# ETA 2824 Vs ETA 2824-2



## MKIVdan (Mar 30, 2011)

Hi All,

Building my first watch, bought a case from sizzlin watches (Rolex Sub Homage) and it requires at ETA 2824 with date window at 3pm.

I am having a hard time tracking down that movement for sale, via (ebay, cousins, ofrei) 

Can anyone tell me the difference between the two movements? based on size/specs is the 2824 the same s the 2824-2? 

I have seen the 2824-2 for sale as a chronograph movement and without the chronograph. I am very unsure on what to do now. Any help is appreciated.

Thanks,

-Dan


----------



## pithy (Aug 22, 2010)

Don't forget about 2824-1! p


----------



## Eeeb (Jul 12, 2007)

MKIVdan said:


> Hi All,
> 
> Building my first watch, bought a case from sizzlin watches (Rolex Sub Homage) and it requires at ETA 2824 with date window at 3pm.
> 
> ...


Assuming ETA has not changed its nomenclature, the -2 is a modification of the 2824 which includes some internal improvements but which is interchangeable. But that is an assumption yet to be proved. Others may know more.

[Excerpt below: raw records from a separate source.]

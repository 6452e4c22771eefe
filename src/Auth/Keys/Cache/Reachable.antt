-- ===== src/Auth/Keys/Cache/Reachable.antt =====
-- The systems that the concurrent callers reach.
use miakapp_server.Prelude.{
  ◌↔◌, ◌<◌, ℕ, ◌+◌, ◌≤◌, ◌≡◌, refl, ap, subst, ◌⊎◌, inl, inr, Bool, true, false, some, List, arith,
  ◌∙◌, nat_beq_iff, nat_eq,
}
use miakapp_server.Auth.Keys.Errors.{Result, ok, error, cancelled}
use miakapp_server.Auth.Keys.Document.{PublicJwk}
use miakapp_server.Auth.Keys.Document.Accepted.{IsAcceptedSet}
use miakapp_server.Auth.Keys.Fetch.{Library, FetchResult}
use miakapp_server.Auth.Keys.Cache.{Cache, Decision, serve, enter, is_fresh, unknown_kid_answer}
use miakapp_server.Auth.Keys.Cache.Callers.{
  started, is_closed, next, Reach, entering, waiting, answered, System, Step, tick, call, completed,
  set_caller, call_unknown, lock, wake, cancel, complete,
}
use miakapp_server.Auth.Keys.Cache.Flight.{
  Entry, entry_serve, entry_refuse, entry_wait, entry_fetch, enter-Entry, is_fetching, IsServed,
  IsAwaited, fresh_keys, IsCoherent, start-IsCoherent, set_caller-IsCoherent,
  called_unknown-IsCoherent, entered-IsCoherent,
}
use miakapp_server.Auth.Keys.Cache.Landing.{completed-IsCoherent, finish_channel}

-- Keys that are served under the lock are the cached ones, and fresh.
serve-is_fresh :
    (force : Bool) (now : ℕ) (cache : Cache) (keys : List PublicJwk) (r : Decision × Cache)
    → Entry force now cache r
    → r.0 ≡ serve keys
    → (cache.keys ≡ keys) × (is_fresh now cache ≡ true)
serve-is_fresh force now cache keys r (entry_serve f) e = (ground (arith, e), f)
serve-is_fresh force now cache keys r (entry_refuse failure) e = absurd (ground (arith, e))
serve-is_fresh force now cache keys r (entry_wait busy) e = absurd (ground (arith, e))
serve-is_fresh force now cache keys r (entry_fetch free) e = absurd (ground (arith, e))

-- Keys that are returned without a fetch are the cached ones, and fresh.
returned-is_fresh :
    (force : Bool) (now : ℕ) (cache : Cache) (keys : List PublicJwk)
    → ((enter force now cache).0 ≡ serve keys) ⊎ (unknown_kid_answer now cache ≡ some keys)
    → (cache.keys ≡ keys) × (is_fresh now cache ≡ true)
unfolding unknown_kid_answer
returned-is_fresh force now cache keys (inl e) =
    serve-is_fresh force now cache keys (enter force now cache) (enter-Entry force now cache) e
returned-is_fresh force now cache keys (inr e) = ground (arith, e)

module _ (library : Library) where
  Step-IsCoherent : (s t : System) → Step library s t → IsCoherent library s → IsCoherent library t
  Step-IsCoherent s t (tick _ later up) h = record {
    single = h.single;
    flagged = h.flagged;
    in_flight = h.in_flight;
    cached = h.cached;
    expiry = h.expiry;
    confirmed = omega (arith, h.confirmed, up);
    served = h.served;
    awaited = h.awaited;
    running_open = h.running_open;
  }
  Step-IsCoherent s t (call _ i at) h =
      set_caller-IsCoherent library s i (entering false) (ground (arith, at)) refl tt tt h
  Step-IsCoherent s t (call_unknown _ i at) h = called_unknown-IsCoherent library s i at h
  Step-IsCoherent s t (lock _ i force at) h = entered-IsCoherent library s i force at h
  Step-IsCoherent s t (wake _ i channel at closed) h =
      set_caller-IsCoherent library s i (entering false) (ground (arith, at)) refl tt tt h
  Step-IsCoherent s t (cancel _ i channel at) h =
      set_caller-IsCoherent library s i (answered (error cancelled)) (ground (arith, at)) refl tt tt
        h
  Step-IsCoherent s t (complete _ i force etag response later result at f up) h =
      completed-IsCoherent library s i later force etag response result at f up h

  Reach-IsCoherent : (clock : ℕ) (s : System) → Reach library clock s → IsCoherent library s
  Reach-IsCoherent clock s started = start-IsCoherent library clock
  Reach-IsCoherent clock s (next t _ r step) = Step-IsCoherent t s step (Reach-IsCoherent clock t r)

  -- However the calls, fetches, cancellations and the clock interleave, at most one caller fetches
  -- at a time, and the flag of the cache is set exactly while one does.
  pub single_flight :
      (clock : ℕ) (s : System)
      → Reach library clock s
      → ((i j : ℕ) → is_fetching (s.callers i) ≡ true → is_fetching (s.callers j) ≡ true → i ≡ j)
        × ((s.cache.refreshing ≡ true) ↔ ((i : ℕ) × (is_fetching (s.callers i) ≡ true)))
  single_flight clock s r =
      let h = Reach-IsCoherent clock s r in (h.single, (h.in_flight, (λ w. h.flagged w.0 w.1)))

  -- Every set of keys that a call has returned is a set of one to 16 accepted keys with identifiers
  -- of their own.
  pub answers-IsAcceptedSet :
      (clock : ℕ) (s : System) (i : ℕ) (keys : List PublicJwk)
      → Reach library clock s
      → s.callers i ≡ answered (ok keys)
      → IsAcceptedSet library.codecs keys
  answers-IsAcceptedSet clock s i keys r e =
      subst (IsServed library) e ((Reach-IsCoherent clock s r).served i)

  -- Keys that a call returns without a fetch of its own, under the lock of `load` or at once in
  -- refreshUnknownKID, are an accepted set that a fetch confirmed less than a minute before.
  pub returned_confirmed :
      (clock : ℕ) (s : System) (force : Bool) (keys : List PublicJwk)
      → Reach library clock s
      → ((enter force s.clock s.cache).0 ≡ serve keys)
        ⊎ (unknown_kid_answer s.clock s.cache ≡ some keys)
      → IsAcceptedSet library.codecs keys
        × (s.confirmed_at ≤ s.clock)
        × (s.clock < s.confirmed_at + 60_000_000_000)
  returned_confirmed clock s force keys r served =
      let h = Reach-IsCoherent clock s r in
      let (same, fresh) = returned-is_fresh force s.clock s.cache keys served in
      (
        subst (IsAcceptedSet library.codecs) same (fresh_keys library s fresh h),
        h.confirmed,
        ground (arith, fresh, h.expiry),
      )

  -- No caller waits in vain: either the channel that it waits on is closed, or it is still open,
  -- some caller is in a fetch, and the end of that fetch, whatever its result, closes the channel.
  pub waiting_ends :
      (clock : ℕ) (s : System) (i channel : ℕ)
      → Reach library clock s
      → s.callers i ≡ waiting channel
      → (is_closed channel s.cache ≡ true)
        ⊎ ((is_closed channel s.cache ≡ false)
            × ((j : ℕ) × (is_fetching (s.callers j) ≡ true)
                × ((force : Bool) (later : ℕ) (result : Result FetchResult)
                    → is_closed channel (completed j force later result s).cache ≡ true)))
  unfolding completed set_caller
  waiting_ends clock s i channel r e =
      let h = Reach-IsCoherent clock s r in
      let w : IsAwaited s.cache (waiting channel) = subst (IsAwaited s.cache) e (h.awaited i) in
      elim w.1 [
        | inl closed ↦ inl closed
        | inr (current, busy) ↦
            let (j, fetches) = h.in_flight busy in
            inr (
              rw current (h.running_open busy),
              (
                j,
                fetches,
                λ force later result.
                    ap (λ k. k channel) (finish_channel force s.clock later result s.cache).1
                    ∙ ground (arith, nat_beq_iff s.cache.refresh_done channel, current),
              ),
            )
      ]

The movement would need a chronograph module add on (Dubois-Depraz) to become a chronograph. Many have done this.


----------



## MKIVdan (Mar 30, 2011)

Thanks for the help. Do you think the dimensions are the same for the regular and -2? 
If it will fit I will buy it. Just not sure what to do as this point as I am new to the watchmaking thing.


----------



## lysanderxiii (Oct 4, 2006)

The differences are limited to the keyless works......


----------



## MKIVdan (Mar 30, 2011)

lysanderxiii said:


> The differences are limited to the keyless works......


Lysanderxiii, I dont understand what you mean by that


----------



## tinknocker (Dec 29, 2009)

MKIVdan said:


> Lysanderxiii, I dont understand what you mean by that


Here's some reading on that.

The Keyless Works - TimeZone


----------



## MKIVdan (Mar 30, 2011)

Thanks, looks like I can use the 2824-2 for this build


----------



## swisswatchproject (May 12, 2021)

MKIVdan said:


> Thanks, looks like I can use the 2824-2 for this build


Hello MKIVdan - I'm wondering the same thing you posted about 10 years ago. Were you able to confirm that the 2824 and 2824-2 movements had identical dimensions? Please let me know. Thanks!


----------



## m00tknife (Jan 27, 2010)

Yes, they are both the same size.


----------



## ExpiredWatchdog (Feb 13, 2019)

BTW, MKIVdan's last post was in 2015. You can search for a particular user in advanced search and set the "by relevance" to "by date". Then you can decide how relevant your attempt to ask him would be. Just sayin.


----------